As for the claims asserted against the Individual Defendants in their individual
capacities, they argue that they are entitled to qualified immunity. “Qualified immunity
shields government officials acting within their discretionary authority from liability
unless the officials ‘violate clearly established statutory or constitutional rights of which
a reasonable person would have known.’” Franklin v. Curry, 738 F.3d 1246, 1249 (11th
Cir. 2013) (quoting Harlow v. Fitzgerald, 457 U.S. 800, 818 (1982)). In deciding whether to
grant qualified immunity on a motion to dismiss, the Court must accept “the factual
allegations in the complaint as true and draw[ ] all reasonable inferences in [a]
plaintiff’s favor.” Davis v. Carter, 555 F.3d 979, 981 (11th Cir. 2009) (quoting Dalrymple v.
Reno, 334 F.3d 991, 994 (11th Cir. 2003)).
The test for qualified immunity is two pronged. First, “[a] defendant who asserts
qualified immunity has the initial burden of showing he was acting within the scope of
his discretionary authority when he took the allegedly unconstitutional action.” Gates v.
Khokhar, 884 F.3d 1290, 1297 (11th Cir. 2018). Then, if a defendant makes this showing,
“the burden shifts to the plaintiff to establish that qualified immunity is not appropriate
by showing that (1) the facts alleged make out a violation of a constitutional right and
(2) the constitutional right at issue was clearly established at the time of the alleged
misconduct.” Id.
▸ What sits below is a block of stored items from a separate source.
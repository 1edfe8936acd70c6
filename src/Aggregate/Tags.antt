-- ===== src/Aggregate/Tags.antt =====
-- The risk tags of cpa_first/engine/aggregate.py: how many, and which come first.
use xeno_pre_test.Prelude.{
  ℕ, ◌≤◌, ◌≡◌, sym, ◌∙◌, leb, List, [], ◌∷◌, ◌++◌, String, mem_str, tally, sorted, length,
  length-take, length-append, arith, Bool-cases, inl, inr,
}
use mathlib.Core.List.{append_assoc, append-nil}
use xeno_pre_test.Aggregate.Signals.{
  Log, Problem, keys, more_frequent, explicit_tags, explicit_counts, fill, inferred_tags,
  combine_risk_tags, subject_risk_tags, is_pressed, is_overrun, has_threshold,
}

length-fill : (ts ss : List String) → length ss ≤ 3 → length (fill ts ss) ≤ 3
unfolding fill
length-fill [] ss h = h
length-fill (t ∷ ts) ss h = elim (Bool-cases (leb 3 (length ss))) [
  | inl e ↦ rw e h
  | inr e ↦ elim (Bool-cases (mem_str t ss)) [
    | inl m ↦ rw (e, m) (length-fill ts ss h)
    | inr m ↦
        rw (e, m) (length-fill ts (ss ++ t ∷ []) (ground (arith, e, length-append ss (t ∷ []))))
  ]
]

-- What `fill` adds stands behind what was selected.
fill_behind : (ts ss : List String) → (rest : List String) × (fill ts ss ≡ ss ++ rest)
unfolding fill
fill_behind [] ss = ([], sym (append-nil ss))
fill_behind (t ∷ ts) ss = elim (Bool-cases (leb 3 (length ss))) [
  | inl e ↦ rw e ([], sym (append-nil ss))
  | inr e ↦ elim (Bool-cases (mem_str t ss)) [
    | inl m ↦ rw (e, m) (fill_behind ts ss)
    | inr m ↦
        let (rest, f) = fill_behind ts (ss ++ t ∷ []) in
        rw (e, m) (t ∷ rest, f ∙ append_assoc ss (t ∷ []) rest)
  ]
]

-- A subject has at most three risk tags. They begin with the user's own categories, the most frequent three of
-- them; the tags inferred from times and mastery only follow these.
pub subject_risk_tags_lem :
    (logs : List Log) (ps : List Problem) (mastery : List (String × ℕ))
    → (length (subject_risk_tags logs ps mastery) ≤ 3)
      × ((rest : List String) × (subject_risk_tags logs ps mastery
            ≡ explicit_tags (explicit_counts logs []) ++ rest))
unfolding subject_risk_tags combine_risk_tags
subject_risk_tags_lem logs ps mastery =
    let own = explicit_tags (explicit_counts logs []) in
    let pressed = is_pressed (tally (is_overrun ps) logs) (tally (has_threshold ps) logs) in
    let all_keys = keys (sorted more_frequent (explicit_counts logs [])) in
    (
      length-fill (inferred_tags pressed mastery) own (omega (arith, length-take 3 all_keys)),
      fill_behind (inferred_tags pressed mastery) own,
    )
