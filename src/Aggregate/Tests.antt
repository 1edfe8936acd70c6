-- ===== src/Aggregate/Tests.antt =====
-- The signals of two logs (cpa_first/engine/aggregate.py).
use xeno_pre_test.Prelude.{
  ◌≡◌, ◌≤◌, min, true, false, none, some, List, [], ◌∷◌, ◌++◌, String, length, tally, ℕ, ◌*◌, ◌/◌,
  str_eq, str_leb, keep, map, IsSorted,
}
use xeno_pre_test.Aggregate.Signals.{
  Log, Problem, explicit_tags, explicit_counts, subject_risk_tags, infer_current_stage,
}
use xeno_pre_test.Aggregate.Tags.{subject_risk_tags_lem}
use xeno_pre_test.Aggregate.State.{aggregate_subject_state, aggregate_user_state}
use xeno_pre_test.Aggregate.Subjects.{state_of, is_log_of, aggregate_user_state_lem}
use xeno_pre_test.Aggregate.Level.{
  place, place_of_count, place_of_accuracy, infer_current_stage_lem,
}

abbrev logs : List Log
logs =
    record {
      problem_id = "p1";
      correct = true;
      time_seconds = some 90;
      mistake_categories = "trap" ∷ [];
    }
    ∷ record { problem_id = "p2"; correct = false; time_seconds = none; mistake_categories = [] }
    ∷ []

abbrev problems : List Problem
problems =
    record {
      problem_id = "p1";
      subject = "tax";
      concept_tags = "a:b" ∷ [];
      skip_threshold_seconds = some 60;
    }
    ∷ []

subject_risk_tags_lem_example :
    (length (subject_risk_tags logs problems (("a:b", 3000) ∷ [])) ≤ 3)
    × ((rest : List String) × (subject_risk_tags logs problems (("a:b", 3000) ∷ [])
          ≡ explicit_tags (explicit_counts logs []) ++ rest))
subject_risk_tags_lem_example = subject_risk_tags_lem logs problems (("a:b", 3000) ∷ [])

infer_current_stage_lem_example :
    place (infer_current_stage logs)
    ≡ min
        (place_of_count (length logs))
        (place_of_accuracy (length logs) (tally (λ l. l.correct) logs))
infer_current_stage_lem_example = infer_current_stage_lem logs

-- A quotient in ten-thousandths, rounded down.
abbrev rounded : ℕ → ℕ → ℕ
rounded part whole = 10000 * part / whole

aggregate_user_state_lem_example :
    let states = (aggregate_user_state (str_eq "a:b") rounded logs problems none).subject_states in
    ((s : String)
      → state_of s states
        ≡ aggregate_subject_state
            (str_eq "a:b")
            rounded
            (keep (is_log_of problems s) logs)
            problems
            s)
    × IsSorted str_leb (map (λ t. t.subject) states)
aggregate_user_state_lem_example =
    aggregate_user_state_lem (str_eq "a:b") rounded logs problems none
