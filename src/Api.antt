-- ===== src/Api.antt =====
-- The HTTP application: cpa_first/api/main.py.
pub mod Model
pub mod Practice
pub mod Order
pub mod Pages
pub mod Attempts
pub mod Gate
pub mod Opens
pub mod Review
pub mod Reviewed
pub mod Study
pub mod Terms
pub mod Found
pub mod Kept
mod Tests
mod StudyTests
Here, Plaintiff’s Amended Complaint alleges that the Individual
Defendants were acting within the scope of their duties and authority as GDC officials
or employees at all relevant times. [Doc. 5 at ¶¶ 16–24]. Thus, the first prong has been
met, and it is incumbent on Plaintiff to show that qualified immunity is inappropriate,
because the Individual Defendants violated clearly-established law.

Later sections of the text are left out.